## ACTIVITY
Begin at the line below that has "flat-prefixed p panic = refl" and stop after the line that has "accumulate_full s b". Please restate only those lines, word for word.

=== INPUT MATERIAL ===

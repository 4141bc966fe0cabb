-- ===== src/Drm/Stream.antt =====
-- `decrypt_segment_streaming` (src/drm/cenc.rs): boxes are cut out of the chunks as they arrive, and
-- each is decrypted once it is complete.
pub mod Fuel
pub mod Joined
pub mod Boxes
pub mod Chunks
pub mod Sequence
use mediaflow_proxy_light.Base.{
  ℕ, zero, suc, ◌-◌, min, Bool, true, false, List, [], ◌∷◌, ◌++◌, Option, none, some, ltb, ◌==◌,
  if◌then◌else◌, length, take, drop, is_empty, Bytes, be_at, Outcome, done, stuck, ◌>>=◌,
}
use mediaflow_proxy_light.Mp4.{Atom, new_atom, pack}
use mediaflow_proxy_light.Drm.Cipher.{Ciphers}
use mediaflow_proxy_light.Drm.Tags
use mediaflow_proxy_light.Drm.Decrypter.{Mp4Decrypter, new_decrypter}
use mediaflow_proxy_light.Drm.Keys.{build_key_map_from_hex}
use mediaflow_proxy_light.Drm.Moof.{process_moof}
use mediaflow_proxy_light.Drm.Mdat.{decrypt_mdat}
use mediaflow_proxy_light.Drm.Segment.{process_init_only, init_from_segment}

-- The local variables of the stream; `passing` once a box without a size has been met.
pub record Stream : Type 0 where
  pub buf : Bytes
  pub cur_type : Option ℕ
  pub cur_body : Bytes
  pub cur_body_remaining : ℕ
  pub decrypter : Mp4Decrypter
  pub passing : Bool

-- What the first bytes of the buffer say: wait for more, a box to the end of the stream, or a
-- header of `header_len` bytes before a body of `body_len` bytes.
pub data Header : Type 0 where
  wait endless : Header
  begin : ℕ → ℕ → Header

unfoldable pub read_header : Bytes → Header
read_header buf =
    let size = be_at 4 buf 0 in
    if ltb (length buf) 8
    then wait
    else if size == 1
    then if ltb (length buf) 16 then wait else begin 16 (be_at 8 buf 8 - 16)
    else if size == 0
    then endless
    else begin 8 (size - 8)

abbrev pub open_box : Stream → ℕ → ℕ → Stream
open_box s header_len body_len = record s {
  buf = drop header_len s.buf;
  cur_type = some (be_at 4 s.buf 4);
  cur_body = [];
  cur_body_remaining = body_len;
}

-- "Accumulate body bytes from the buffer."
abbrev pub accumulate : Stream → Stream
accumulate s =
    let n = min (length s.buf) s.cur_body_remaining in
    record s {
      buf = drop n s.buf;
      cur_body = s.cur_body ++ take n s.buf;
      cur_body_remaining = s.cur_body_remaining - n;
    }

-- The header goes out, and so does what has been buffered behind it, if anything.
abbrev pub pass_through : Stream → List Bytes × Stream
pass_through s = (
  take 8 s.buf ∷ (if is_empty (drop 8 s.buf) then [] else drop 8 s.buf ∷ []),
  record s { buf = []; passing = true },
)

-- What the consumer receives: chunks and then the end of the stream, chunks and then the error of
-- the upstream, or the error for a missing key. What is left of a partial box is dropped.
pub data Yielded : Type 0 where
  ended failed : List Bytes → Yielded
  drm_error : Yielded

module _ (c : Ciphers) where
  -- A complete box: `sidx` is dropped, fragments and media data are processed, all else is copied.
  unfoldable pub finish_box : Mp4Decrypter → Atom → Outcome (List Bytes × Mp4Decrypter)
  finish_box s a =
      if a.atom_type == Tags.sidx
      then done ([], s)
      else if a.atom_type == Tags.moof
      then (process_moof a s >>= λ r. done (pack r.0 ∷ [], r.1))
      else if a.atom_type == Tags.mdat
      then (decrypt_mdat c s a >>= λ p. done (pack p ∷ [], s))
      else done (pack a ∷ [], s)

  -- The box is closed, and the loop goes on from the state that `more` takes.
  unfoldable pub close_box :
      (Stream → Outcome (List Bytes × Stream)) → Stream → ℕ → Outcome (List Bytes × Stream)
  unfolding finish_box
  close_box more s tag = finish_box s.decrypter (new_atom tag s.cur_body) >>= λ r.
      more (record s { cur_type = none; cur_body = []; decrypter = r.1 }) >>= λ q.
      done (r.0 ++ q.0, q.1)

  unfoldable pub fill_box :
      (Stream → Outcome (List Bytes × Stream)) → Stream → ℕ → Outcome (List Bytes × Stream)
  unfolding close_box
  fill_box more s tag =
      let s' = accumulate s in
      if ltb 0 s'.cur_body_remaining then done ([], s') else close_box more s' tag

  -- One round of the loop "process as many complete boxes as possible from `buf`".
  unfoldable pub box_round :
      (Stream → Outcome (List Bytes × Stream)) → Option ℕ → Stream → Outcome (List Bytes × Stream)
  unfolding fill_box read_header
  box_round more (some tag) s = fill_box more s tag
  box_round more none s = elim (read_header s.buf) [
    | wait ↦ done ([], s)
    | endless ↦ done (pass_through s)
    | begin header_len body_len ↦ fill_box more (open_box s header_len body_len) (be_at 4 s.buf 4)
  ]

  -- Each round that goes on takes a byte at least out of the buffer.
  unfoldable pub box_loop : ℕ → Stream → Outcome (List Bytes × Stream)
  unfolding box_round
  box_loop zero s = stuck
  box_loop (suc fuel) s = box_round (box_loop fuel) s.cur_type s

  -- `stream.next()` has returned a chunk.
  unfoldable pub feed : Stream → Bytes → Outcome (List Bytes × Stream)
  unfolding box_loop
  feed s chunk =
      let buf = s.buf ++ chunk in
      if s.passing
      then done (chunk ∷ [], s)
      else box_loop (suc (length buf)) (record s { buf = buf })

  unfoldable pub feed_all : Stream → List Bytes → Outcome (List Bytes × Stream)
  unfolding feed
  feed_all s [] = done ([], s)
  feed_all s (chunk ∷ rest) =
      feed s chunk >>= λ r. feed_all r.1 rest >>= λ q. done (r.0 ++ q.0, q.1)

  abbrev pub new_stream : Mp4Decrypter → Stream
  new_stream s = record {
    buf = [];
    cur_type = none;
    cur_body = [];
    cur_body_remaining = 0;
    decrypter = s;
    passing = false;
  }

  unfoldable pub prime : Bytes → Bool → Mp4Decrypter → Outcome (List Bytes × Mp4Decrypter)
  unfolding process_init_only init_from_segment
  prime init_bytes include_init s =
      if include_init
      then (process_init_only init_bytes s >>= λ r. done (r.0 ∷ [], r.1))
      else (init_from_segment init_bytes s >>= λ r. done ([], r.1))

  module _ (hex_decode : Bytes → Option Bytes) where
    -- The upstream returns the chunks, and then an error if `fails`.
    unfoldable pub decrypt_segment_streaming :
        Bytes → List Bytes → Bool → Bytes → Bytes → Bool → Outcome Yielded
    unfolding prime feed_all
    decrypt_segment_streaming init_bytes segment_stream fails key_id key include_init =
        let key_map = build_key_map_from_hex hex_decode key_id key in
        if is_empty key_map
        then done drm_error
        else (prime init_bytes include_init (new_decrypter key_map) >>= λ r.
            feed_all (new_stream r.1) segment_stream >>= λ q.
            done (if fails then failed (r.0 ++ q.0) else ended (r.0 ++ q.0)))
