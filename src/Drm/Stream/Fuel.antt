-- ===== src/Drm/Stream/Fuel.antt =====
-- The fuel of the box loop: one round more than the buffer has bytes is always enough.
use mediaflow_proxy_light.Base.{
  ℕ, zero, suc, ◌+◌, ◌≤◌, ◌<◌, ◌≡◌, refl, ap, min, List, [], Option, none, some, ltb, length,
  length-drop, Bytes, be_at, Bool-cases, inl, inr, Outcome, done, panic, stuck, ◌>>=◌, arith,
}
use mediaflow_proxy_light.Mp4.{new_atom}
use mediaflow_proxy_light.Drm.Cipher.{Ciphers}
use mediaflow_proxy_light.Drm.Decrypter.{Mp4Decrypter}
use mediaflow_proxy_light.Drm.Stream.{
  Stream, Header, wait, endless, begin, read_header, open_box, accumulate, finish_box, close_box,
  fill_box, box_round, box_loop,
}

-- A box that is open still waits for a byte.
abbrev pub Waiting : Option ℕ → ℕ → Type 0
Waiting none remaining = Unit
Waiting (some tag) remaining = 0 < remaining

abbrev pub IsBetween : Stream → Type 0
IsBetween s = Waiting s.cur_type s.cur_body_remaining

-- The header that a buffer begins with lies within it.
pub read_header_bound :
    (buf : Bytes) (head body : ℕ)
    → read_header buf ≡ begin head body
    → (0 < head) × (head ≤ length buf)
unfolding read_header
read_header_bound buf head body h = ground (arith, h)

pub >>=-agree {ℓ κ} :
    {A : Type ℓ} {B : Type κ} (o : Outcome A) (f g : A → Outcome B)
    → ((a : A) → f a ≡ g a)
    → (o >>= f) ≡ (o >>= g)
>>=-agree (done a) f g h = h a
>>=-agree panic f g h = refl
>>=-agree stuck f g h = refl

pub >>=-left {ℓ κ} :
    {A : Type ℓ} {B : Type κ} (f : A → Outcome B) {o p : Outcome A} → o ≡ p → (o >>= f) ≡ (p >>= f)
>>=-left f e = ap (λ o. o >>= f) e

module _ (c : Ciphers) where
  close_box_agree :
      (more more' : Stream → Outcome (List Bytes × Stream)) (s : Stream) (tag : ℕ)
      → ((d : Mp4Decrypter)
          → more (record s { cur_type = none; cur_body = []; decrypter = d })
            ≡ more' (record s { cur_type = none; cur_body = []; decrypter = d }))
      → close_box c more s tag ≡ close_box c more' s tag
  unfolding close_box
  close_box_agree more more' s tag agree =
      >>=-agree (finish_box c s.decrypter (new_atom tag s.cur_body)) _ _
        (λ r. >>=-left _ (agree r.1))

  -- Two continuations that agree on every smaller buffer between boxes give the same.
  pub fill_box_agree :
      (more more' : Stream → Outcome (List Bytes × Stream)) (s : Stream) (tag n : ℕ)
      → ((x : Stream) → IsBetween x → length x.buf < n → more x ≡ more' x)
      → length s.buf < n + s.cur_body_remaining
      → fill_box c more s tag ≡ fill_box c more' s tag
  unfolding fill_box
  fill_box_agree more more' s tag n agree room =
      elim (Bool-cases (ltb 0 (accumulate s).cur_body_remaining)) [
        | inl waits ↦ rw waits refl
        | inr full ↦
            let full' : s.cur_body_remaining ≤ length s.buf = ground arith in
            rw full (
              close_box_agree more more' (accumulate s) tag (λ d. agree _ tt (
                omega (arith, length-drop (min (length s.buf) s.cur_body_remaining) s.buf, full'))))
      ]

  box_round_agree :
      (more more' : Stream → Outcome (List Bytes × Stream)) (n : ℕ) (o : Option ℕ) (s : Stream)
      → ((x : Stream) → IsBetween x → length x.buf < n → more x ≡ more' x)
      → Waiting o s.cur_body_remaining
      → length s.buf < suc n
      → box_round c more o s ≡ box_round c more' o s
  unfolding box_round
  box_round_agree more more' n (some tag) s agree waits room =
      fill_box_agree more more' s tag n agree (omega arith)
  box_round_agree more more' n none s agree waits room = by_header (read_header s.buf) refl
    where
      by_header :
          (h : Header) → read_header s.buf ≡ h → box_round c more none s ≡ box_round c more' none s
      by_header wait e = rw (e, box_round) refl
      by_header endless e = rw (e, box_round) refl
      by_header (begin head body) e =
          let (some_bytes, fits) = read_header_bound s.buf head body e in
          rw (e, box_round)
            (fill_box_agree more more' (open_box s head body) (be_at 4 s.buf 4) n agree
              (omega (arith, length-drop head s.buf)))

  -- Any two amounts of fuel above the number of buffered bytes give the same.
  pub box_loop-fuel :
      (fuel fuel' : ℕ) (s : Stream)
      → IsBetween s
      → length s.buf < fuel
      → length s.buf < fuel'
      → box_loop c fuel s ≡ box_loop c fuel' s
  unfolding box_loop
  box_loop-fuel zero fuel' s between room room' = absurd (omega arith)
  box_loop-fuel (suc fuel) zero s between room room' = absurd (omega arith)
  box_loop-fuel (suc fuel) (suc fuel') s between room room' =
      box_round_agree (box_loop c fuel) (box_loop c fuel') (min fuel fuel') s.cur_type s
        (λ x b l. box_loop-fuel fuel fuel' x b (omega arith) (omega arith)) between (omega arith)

===
=== INPUT MATERIAL ===

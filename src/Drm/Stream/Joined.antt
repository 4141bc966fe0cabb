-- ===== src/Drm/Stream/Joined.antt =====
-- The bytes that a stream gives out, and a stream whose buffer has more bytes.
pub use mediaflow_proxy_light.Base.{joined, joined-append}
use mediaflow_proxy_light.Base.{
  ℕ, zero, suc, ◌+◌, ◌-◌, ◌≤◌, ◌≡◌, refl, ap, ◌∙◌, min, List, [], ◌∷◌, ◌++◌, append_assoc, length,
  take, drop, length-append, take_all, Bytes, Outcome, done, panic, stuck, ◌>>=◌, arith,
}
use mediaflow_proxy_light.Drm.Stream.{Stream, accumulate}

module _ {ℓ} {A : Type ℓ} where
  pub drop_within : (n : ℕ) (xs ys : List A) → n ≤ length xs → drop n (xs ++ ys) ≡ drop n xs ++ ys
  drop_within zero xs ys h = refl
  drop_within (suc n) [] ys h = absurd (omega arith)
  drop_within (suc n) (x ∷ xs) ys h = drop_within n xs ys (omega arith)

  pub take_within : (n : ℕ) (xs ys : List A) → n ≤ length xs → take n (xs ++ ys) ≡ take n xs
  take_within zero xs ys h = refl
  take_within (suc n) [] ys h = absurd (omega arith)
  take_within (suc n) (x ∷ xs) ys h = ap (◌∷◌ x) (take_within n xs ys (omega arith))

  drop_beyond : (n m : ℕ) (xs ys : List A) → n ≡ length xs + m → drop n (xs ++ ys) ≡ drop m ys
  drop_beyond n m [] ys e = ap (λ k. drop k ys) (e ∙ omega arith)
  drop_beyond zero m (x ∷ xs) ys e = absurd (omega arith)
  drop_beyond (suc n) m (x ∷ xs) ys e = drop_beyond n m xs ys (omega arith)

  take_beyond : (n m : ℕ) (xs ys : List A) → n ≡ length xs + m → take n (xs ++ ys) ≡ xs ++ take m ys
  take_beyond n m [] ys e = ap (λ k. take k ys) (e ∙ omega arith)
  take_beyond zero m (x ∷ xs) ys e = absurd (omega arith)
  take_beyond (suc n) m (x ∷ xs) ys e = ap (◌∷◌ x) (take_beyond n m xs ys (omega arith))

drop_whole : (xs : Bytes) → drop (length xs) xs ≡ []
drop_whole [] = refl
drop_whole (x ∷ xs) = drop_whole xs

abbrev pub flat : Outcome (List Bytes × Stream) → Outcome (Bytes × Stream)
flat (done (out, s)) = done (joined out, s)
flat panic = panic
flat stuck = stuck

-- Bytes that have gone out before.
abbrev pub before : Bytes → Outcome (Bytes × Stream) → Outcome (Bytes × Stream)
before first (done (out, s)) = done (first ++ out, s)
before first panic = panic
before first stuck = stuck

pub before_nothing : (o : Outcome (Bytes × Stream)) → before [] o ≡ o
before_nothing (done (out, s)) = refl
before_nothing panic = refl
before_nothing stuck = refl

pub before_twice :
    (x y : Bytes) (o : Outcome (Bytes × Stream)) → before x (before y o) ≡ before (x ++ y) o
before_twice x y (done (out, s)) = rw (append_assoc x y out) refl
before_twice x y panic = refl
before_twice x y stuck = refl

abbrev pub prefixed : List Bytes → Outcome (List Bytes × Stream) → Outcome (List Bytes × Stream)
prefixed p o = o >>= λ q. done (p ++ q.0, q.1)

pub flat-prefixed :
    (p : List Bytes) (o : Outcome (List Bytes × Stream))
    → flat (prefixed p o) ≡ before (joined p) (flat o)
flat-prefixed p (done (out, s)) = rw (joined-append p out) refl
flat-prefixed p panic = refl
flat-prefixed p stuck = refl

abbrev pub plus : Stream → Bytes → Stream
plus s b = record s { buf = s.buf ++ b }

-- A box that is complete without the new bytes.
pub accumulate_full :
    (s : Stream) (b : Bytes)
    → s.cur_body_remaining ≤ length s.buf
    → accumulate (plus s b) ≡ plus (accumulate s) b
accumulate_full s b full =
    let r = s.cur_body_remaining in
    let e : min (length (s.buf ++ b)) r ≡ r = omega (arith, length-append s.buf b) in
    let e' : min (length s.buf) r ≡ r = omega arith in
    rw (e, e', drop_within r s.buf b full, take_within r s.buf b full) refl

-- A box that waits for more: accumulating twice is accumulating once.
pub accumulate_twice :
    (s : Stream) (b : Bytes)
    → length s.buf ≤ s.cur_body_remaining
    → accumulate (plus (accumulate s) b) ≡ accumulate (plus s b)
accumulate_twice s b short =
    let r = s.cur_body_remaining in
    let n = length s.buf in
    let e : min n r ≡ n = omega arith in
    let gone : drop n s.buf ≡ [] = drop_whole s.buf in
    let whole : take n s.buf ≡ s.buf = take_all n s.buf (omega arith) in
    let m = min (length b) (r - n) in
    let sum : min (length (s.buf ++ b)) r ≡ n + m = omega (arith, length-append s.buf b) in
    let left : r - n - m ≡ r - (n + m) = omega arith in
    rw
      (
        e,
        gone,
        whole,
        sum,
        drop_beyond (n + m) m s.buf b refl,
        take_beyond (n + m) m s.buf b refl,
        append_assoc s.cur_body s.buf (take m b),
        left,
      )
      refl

===

## EXPECTED ANSWER
flat-prefixed p panic = refl
flat-prefixed p stuck = refl

abbrev pub plus : Stream → Bytes → Stream
plus s b = record s { buf = s.buf ++ b }

-- A box that is complete without the new bytes.
pub accumulate_full :
    (s : Stream) (b : Bytes)
    → s.cur_body_remaining ≤ length s.buf
    → accumulate (plus s b) ≡ plus (accumulate s) b
accumulate_full s b full =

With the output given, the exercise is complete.